During my stay here at Amritabha, I scored an amazing writing job. I was stoked. Up until the moment when it was time to finally sit down and get started. I freaked out. What’s worse: my mind just went blank. Yikes! I was admiring this person whom I was supposed to write for so much that I ended up putting myself under a ton of pressure. This just has to turn out GREAT! What if I can’t do it? What if they are wrong about me, and I just don’t have it in me?! Gulp. This. Is. Not.Working.
Ideas don’t come from me – they come through me
Suddenly I remembered: I can do this. That’s why I got this job in the first place. Of course it’s not going to work if I’m panicking. The only thing that does work is this: reminding myself that it’s not actually my mind that has to make all this up. When I write – no; when I write well – it doesn’t come from me. It comes through me. It’s ideas, sentences, thoughts that are floating out there in the space surrounding me, waiting for me to catch them. The only thing I need to do is be aware of it, open myself to the process, and allow myself to become the channel for these ideas and words. It’s simple yet challenging. This approach only requires one single thing of me: unconditional trust in my intuition. The certainty that whatever it is I am perceiving is exactly what wants to be said.
Clearing myself, opening up, being present – I want to live my life the way I give crystal healing
I discovered this technique, this understanding of the creative process, during my crystal healer training with Dauri Neumann. Somehow I just had this trust in myself there. It was easy for me to accept that I couldn’t plan the sessions ahead or prepare them in any other way. The only thing I could do was clear my mind, open up, and be present – to the recipient of the treatment, to the healing that wanted to come through me and the stones, and to the assistance of the divine. That was a very powerful experience, and I thought „I want to live my life the way I give crystal healing“.
This approach comes pretty easy as long as I’m writing for myself. I’m free, don’t have any particular point in mind I want to make, I can just allow myself to see where my writing is going. That copy job had different prerequisites, so my mind started rolling this film like I’ve trained it to do for years: You should know your stuff better! I can’t say anything meaningful until I’ve done more research! You have no idea what you’re doing! So far you’ve always managed to get by but this time they’ll call your bluff! And so on. It was a total blast from the past, the high school and university years. My performance was always excellent, and still I always panicked at some point when writing my papers.

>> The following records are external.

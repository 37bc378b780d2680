-- ===== src/Client/MessagesState.antt =====
-- The messages that the mobile client has loaded of a conversation:
-- apps/mobile/src/data/messagesState.ts. Of a message it reads the id, the number and the
-- reactions; everything else is one opaque `content`.
use videochat.Prelude.{
  ℕ, ◌+◌, Bool, false, Option, none, some, List, [], ◌∷◌, any, select, map, head?, last?, leb, ltb,
  ◌==◌, if◌then◌else◌, order_by,
}
use videochat.Messages.Paging.{MessagesPage}

pub record Reaction : Type 0 where
  pub emoji : ℕ
  pub count : ℕ
  pub user_ids : List ℕ

pub record Message : Type 0 where
  pub id : ℕ
  pub seq : ℕ
  pub content : ℕ
  pub reactions : Option (List Reaction)

pub record MessagesState : Type 0 where
  pub messages : List Message
  pub has_more : Bool

abbrev pub empty_messages : MessagesState
empty_messages = record { messages = []; has_more = false }

-- `byId.set(m.id, m)`: a key that is there keeps its place.
abbrev pub set_by_id : List Message → Message → List Message
set_by_id [] m = m ∷ []
set_by_id (x ∷ xs) m = let rest = set_by_id xs m in if x.id == m.id then m ∷ xs else x ∷ rest

abbrev pub set_all_by_id : List Message → List Message → List Message
set_all_by_id map_ [] = map_
set_all_by_id map_ (m ∷ ms) = set_all_by_id (set_by_id map_ m) ms

-- `sort((a, b) => a.seq - b.seq)`, which is stable.
abbrev pub sort_by_seq : List Message → List Message
sort_by_seq ms = order_by (λ a b. leb a.seq b.seq) ms

abbrev pub base_of : Option MessagesState → MessagesState
base_of none = empty_messages
base_of (some state) = state

abbrev pub merge_into : MessagesState → List Message → MessagesState
merge_into base [] = base
merge_into base (m ∷ ms) = record base {
  messages = sort_by_seq (set_all_by_id (set_all_by_id [] base.messages) (m ∷ ms));
}

unfoldable pub merge_messages : Option MessagesState → List Message → MessagesState
merge_messages state incoming = merge_into (base_of state) incoming

-- Whether the loaded history reaches a page that begins at this number.
abbrev pub reaches : Option Message → ℕ → Bool
reaches none oldest = false
reaches (some newest) oldest = leb oldest (newest.seq + 1)

abbrev pub kept_of : Option MessagesState → Option Message → List Message
kept_of none oldest_in_page = []
kept_of (some state) none = state.messages
kept_of (some state) (some oldest) =
    if reaches (last? state.messages) oldest.seq
    then select (λ m. ltb m.seq oldest.seq) state.messages
    else []

abbrev pub has_more_of : Option MessagesState → List Message → Bool → Bool
has_more_of (some state) (m ∷ kept) page_has_more = state.has_more
has_more_of state kept page_has_more = page_has_more

unfoldable pub merge_latest_page : Option MessagesState → MessagesPage Message → MessagesState
unfolding merge_messages
merge_latest_page state page =
    let kept = kept_of state (head? page.rows) in
    record {
      messages =
          (merge_messages (some (record { messages = kept; has_more = false })) page.rows).messages;
      has_more = has_more_of state kept page.has_more;
    }

unfoldable pub prepend_older : Option MessagesState → MessagesPage Message → MessagesState
prepend_older state page = record {
  messages = (merge_messages state page.rows).messages;
  has_more = page.has_more;
}

abbrev pub with_reactions : List Reaction → Message → Message
with_reactions [] m = record m { reactions = none }
with_reactions (r ∷ rs) m = record m { reactions = some (r ∷ rs) }

abbrev pub react : ℕ → List Reaction → Message → Message
react id reactions m = if m.id == id then with_reactions reactions m else m

unfoldable pub set_reactions : Option MessagesState → ℕ → List Reaction → Option MessagesState
set_reactions none id reactions = none
set_reactions (some state) id reactions =
    if any (λ m. m.id == id) state.messages
    then some (record state { messages = map (react id reactions) state.messages })
    else some state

You don’t deliver because of the stress but in spite of it
Back then I thought that this pressure, this stress was the part of the process that made sure I delivered. I think differently now. I did not deliver because of that fear of failure. I delivered in spite of it. The way I see things now, I was afraid because I didn’t know where my thoughts really came from, and why they were good. How could I possibly be sure it would work the next time? For my thoughts didn’t come from my intellect back then, either. They came through it. It was the same principle at work there, even if I wasn’t aware of it: thoughts were buzzing in the air around me and I just caught them. Of course you need to dive into in a topic, do your research. However, if I’d been aware back then of the learning/writing process the way I see it today, I probably would have trusted my instinct with more ease, when it came to determining what was enough information.
The message of listlessness: this isn’t going anywhere
That feeling did exist: it entered the stage as listlessness. I thought I needed to make myself read more (it was never enough!). I often failed at that. That brought on the guilt: You’ve done way too little again! There were few moments where I could acknowledge the thought that I was reluctant towards work because it was not really meaningful. It was only serving one purpose: soothing my conscience, so that I could assure myself I’d done enough.
Accept your doubt just as much as you accept your power – that way you’ll be able to get it done
This look at the past that this writing job granted me was an opportunity to break the spell. Not only do I know now that I want to live my life the way I give crystal healing treatments. I am finally convinced that it’s possible.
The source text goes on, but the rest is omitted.